In summary, patterns of diversity around genic substitutions and of highly differentiated alleles are inconsistent with the expectation for frequent classic sweeps, but could result, at least in part, from background selection. Thus, while some substitutions in proteins and regulatory positions undoubtedly involved classic sweeps, they were too infrequent within the last 250,000 years to have had discernible effects on genomic diversity.

This conclusion does not imply that humans have experienced few phenotypic adaptations, or that adaptations have not shaped genomic patterns of diversity. Comparisons of diversity and divergence levels at putatively functional versus neutral sites, for example, suggest that 10–15% (and possibly as many as 40% (29)) of amino acid differences between humans and chimpanzees were adaptive (e.g., (30)) as were 5% of substitutions in conserved non-coding regions (22, 29) and ~20% in UTRs (22). Given the paucity of classic sweeps revealed by our findings, an excess of functional divergence would point to the importance of other modes of adaptation. One way to categorize modes of adaptation is in terms of their effect on the allele frequencies at sites that affect the beneficial phenotype. In this view, classic sweeps bring new alleles to fixation; selection on standing variation or on multiple beneficial alleles brings rare or intermediate frequency alleles to fixation; and other forms of adaptation, such as selection on polygenic traits, increase or decrease allele frequencies to a lesser extent. Such changes in allele frequencies can decrease variation at closely linked sites - to a lesser extent than in a full sweep - and might therefore contribute to a reduction in diversity near functional elements (31), as well as to excess divergence. Alternatives to classic sweeps are likely for parameters applicable to human populations (7, 32); in particular, many phenotypes of interest are quantitative, and plausibly result from selection at many loci of small effect (8).

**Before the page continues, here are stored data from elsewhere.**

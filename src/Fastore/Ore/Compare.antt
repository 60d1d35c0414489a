-- ===== src/Fastore/Ore/Compare.antt =====
-- fastore/ore_blk.cpp: `ore_compare`, and the functions on raw buffers `ore_query_ui`,
-- `ore_index_ui` and `ore_compare_ui`.
pub mod Blocks
pub mod Order
use asiaccs.Base.{ℕ, zero, suc, ◌+◌, ◌-◌, ◌*◌, ◌/◌, ◌%◌, ◌^◌, ◌≤◌, ◌<◌, bit_and, bit_or, bit_xor}
use asiaccs.Base.{◌≡◌, refl, sym, ap, ap₂, ◌∙◌, subst, ◌≢◌, ◌↔◌, ◌⊎◌, inl, inr, arith}
use asiaccs.Base.{Bool, true, false, ◌&&◌, ◌||◌, not, Option, none, some, List, [], ◌∷◌, ◌++◌, map}
use asiaccs.Base.{ltb, leb, ◌==◌, if◌then◌else◌, ==_iff, ltb_iff, Bool-cases, Option-cases}
use asiaccs.Base.{u8, u32, u64, sub32, shl64, shr, all_below, length, get_or, get_elem?, set}
use asiaccs.Base.{tabulate, length-append, length-tabulate, get_or-tabulate, length-map, get_or-map}
use asiaccs.Base.{map-tabulate, mod_of_split, div_of_split, pow_le, pow_pos, pow_add, pow_256}
use asiaccs.Base.{
  bytes_hold, pair_lt, ErrorCode, Outcome, ok, err, fault, ◌>>=◌, ◌>>◌, guard, require,
}
use asiaccs.Memory.{Buf, load}
use asiaccs.Fastore.Platform.{Platform, Block, make_block, of_value}
use asiaccs.Fastore.Aes.{OreAesKey, ecb_encrypt_blk}
use asiaccs.Fastore.Crypto.{setup_aes_key}
use asiaccs.Fastore.Ore.{
  OreParams, OreKey, OreQuery, OreIndex, Malloc, ore_is_valid_params, null_buf,
}
use asiaccs.Fastore.Ore.{slots, blocks, cmp_bytes, left_block, right_block, ceil}
use asiaccs.Fastore.Ore.{ore_query_left_len, ore_index_right_len, ore_query_init, ore_index_init}
use asiaccs.Fastore.Ore.Hash.{Prg, eval_keyed_hash, mask64}
use asiaccs.Fastore.Ore.Setup.{ore_query_setup, ore_index_setup}

-- `*result_p`: 1, 0 and -1.
pub data Answer : Type 0 where
  one nought minus_one : Answer

module _ ⦃p : Platform⦄ where
  -- One round of the loop; `none` means that the loop goes on.
  unfoldable pub compare_block :
      OreParams → OreAesKey → Block → Buf → Buf → ℕ → ℕ → Outcome (Option Answer)
  compare_block params cmp_key_row nonce comp_left comp_right offset_left offset_right = do
    index ← load comp_left (offset_left + 16 * 2) (ceil params.block_len 8)
    fcmp ← load comp_left (offset_left + 16) 16
    key_block ← load comp_left offset_left 16
    h ← eval_keyed_hash params.cmp_len (of_value key_block) nonce
    let g_mask = mask64 params.cmp_len
    right ← load comp_right (offset_right + index * cmp_bytes params) (cmp_bytes params)
    let r = bit_xor h (bit_and right g_mask)
    let gcmp = ecb_encrypt_blk cmp_key_row (of_value fcmp)
    let g = bit_and gcmp.lo g_mask
    ok (if r == 0 then none else if g == r then some one else some minus_one)

  unfoldable pub compare_loop :
      OreParams → OreAesKey → Block → Buf → Buf → (left : ℕ) → ℕ → ℕ → Outcome Answer
  compare_loop params row nonce comp_left comp_right zero offset_left offset_right = ok nought
  compare_loop params row nonce comp_left comp_right (suc left) offset_left offset_right =
      let rest =
        compare_loop params row nonce comp_left comp_right left (offset_left + left_block params)
          (offset_right + right_block params) in
      compare_block params row nonce comp_left comp_right offset_left offset_right
      >>= elim [ none ↦ rest | some answer ↦ ok answer ]

  unfoldable pub ore_compare : OreQuery → OreIndex → OreParams → ℕ → Outcome Answer
  unfolding setup_aes_key
  ore_compare ctxt1 ctxt2 params rnum = do
    guard (ctxt1.initialized && ctxt2.initialized) ErrorCode.ctxt_not_initialized
    guard (ore_is_valid_params params) ErrorCode.params_invalid
    nonce ← load ctxt2.comp_right 0 16
    cmp_key_row ← setup_aes_key (make_block rnum 0) 16
    compare_loop params cmp_key_row (of_value nonce) ctxt1.comp_left ctxt2.comp_right
        (blocks params) 0 16

  -- The local structure is not written before `ore_query_init` writes it.
  unfoldable pub ore_query_ui : Malloc → ℕ → OreKey → List ℕ → ℕ → Outcome (Buf × ℕ)
  ore_query_ui malloc src sk cname aim = do
    let blank : OreQuery = record { initialized = false; comp_left = null_buf }
    query_tmp ← ore_query_init malloc (some blank) (some sk.params)
    filled ← ore_query_setup (some query_tmp) sk src cname aim
    ok (filled.comp_left, ore_query_left_len sk.params)

  unfoldable pub ore_index_ui :
      Malloc → Bool → Prg → ℕ → OreKey → List ℕ → ℕ → Outcome (Buf × ℕ) × Prg
  ore_index_ui malloc allocated prg src sk cname rnum =
      let blank : OreIndex = record { initialized = false; comp_right = null_buf } in
      elim (ore_index_init malloc (some blank) (some sk.params)) [
        | ok index_tmp ↦
            let (filled, prg') = ore_index_setup allocated prg index_tmp sk src cname rnum in
            (filled >>= (λ c. ok (c.comp_right, ore_index_right_len sk.params)), prg')
        | err e ↦ (err e, prg)
        | fault ↦ (fault, prg)
      ]

  -- The buffer from `offset` on, as the moved pointer sees it.
  abbrev pub advance : Buf → ℕ → Buf
  advance b n = record { size = b.size - n; at = λ o. b.at (n + o) }

  unfoldable pub compare_ui_loop : OreParams → ℕ → (times : ℕ) → Buf → Buf → Outcome Answer
  compare_ui_loop params rnum zero query index = ok nought
  compare_ui_loop params rnum (suc times) query index =
      let rest =
        compare_ui_loop params rnum times (advance query (ore_query_left_len params))
          (advance index (ore_index_right_len params)) in
      ore_compare (record { initialized = true; comp_left = query })
        (record { initialized = true; comp_right = index }) params rnum
      >>= elim [ nought ↦ rest | one ↦ ok one | minus_one ↦ ok minus_one ]

  -- The parameters are not checked before they divide: a zero block length or an empty query block
  -- is a fault.
  unfoldable pub ore_compare_ui : Buf → ℕ → Buf → ℕ → OreParams → ℕ → Outcome Answer
  ore_compare_ui query querylen index indexlen params rnum = do
    require (not (params.block_len == 0))
    require (not (ore_query_left_len params == 0))
    require (not (ore_index_right_len params == 0))
    let times_query = querylen / ore_query_left_len params
    let times_index = indexlen / ore_index_right_len params
    let times = if ltb times_index times_query then times_index else times_query
    compare_ui_loop params rnum times query index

An important implication is that in the search for targets of human adaptation, a change in focus is warranted. To date, selection scans have relied almost entirely on the sweep model, either explicitly by considering strict neutrality as the null hypothesis and a classic sweep as the alternative or implicitly, by ranking regions by a statistic thought to be sensitive to classic sweeps and focusing on the tails of the empirical distribution. It appears that few adaptations in humans took the form that these approaches are designed to detect, suggesting that low hanging fruits accessible by existing approaches may be largely depleted. Conversely, the more common modes of adaptation likely remain undetected. Thus, in order to dissect the genetic basis of human adaptations and assess what fraction of the genome was affected by positive selection, we need new tests to detect other modes of selection, such as comparisons between closely related populations that have adapted to drastically different environments (e.g., (33)) or methods that consider loci that contribute to the same phenotype jointly (e.g., (34)). Moreover, if alleles that contribute to recent adaptations are often polymorphic within a population, genome-wide association studies should be highly informative.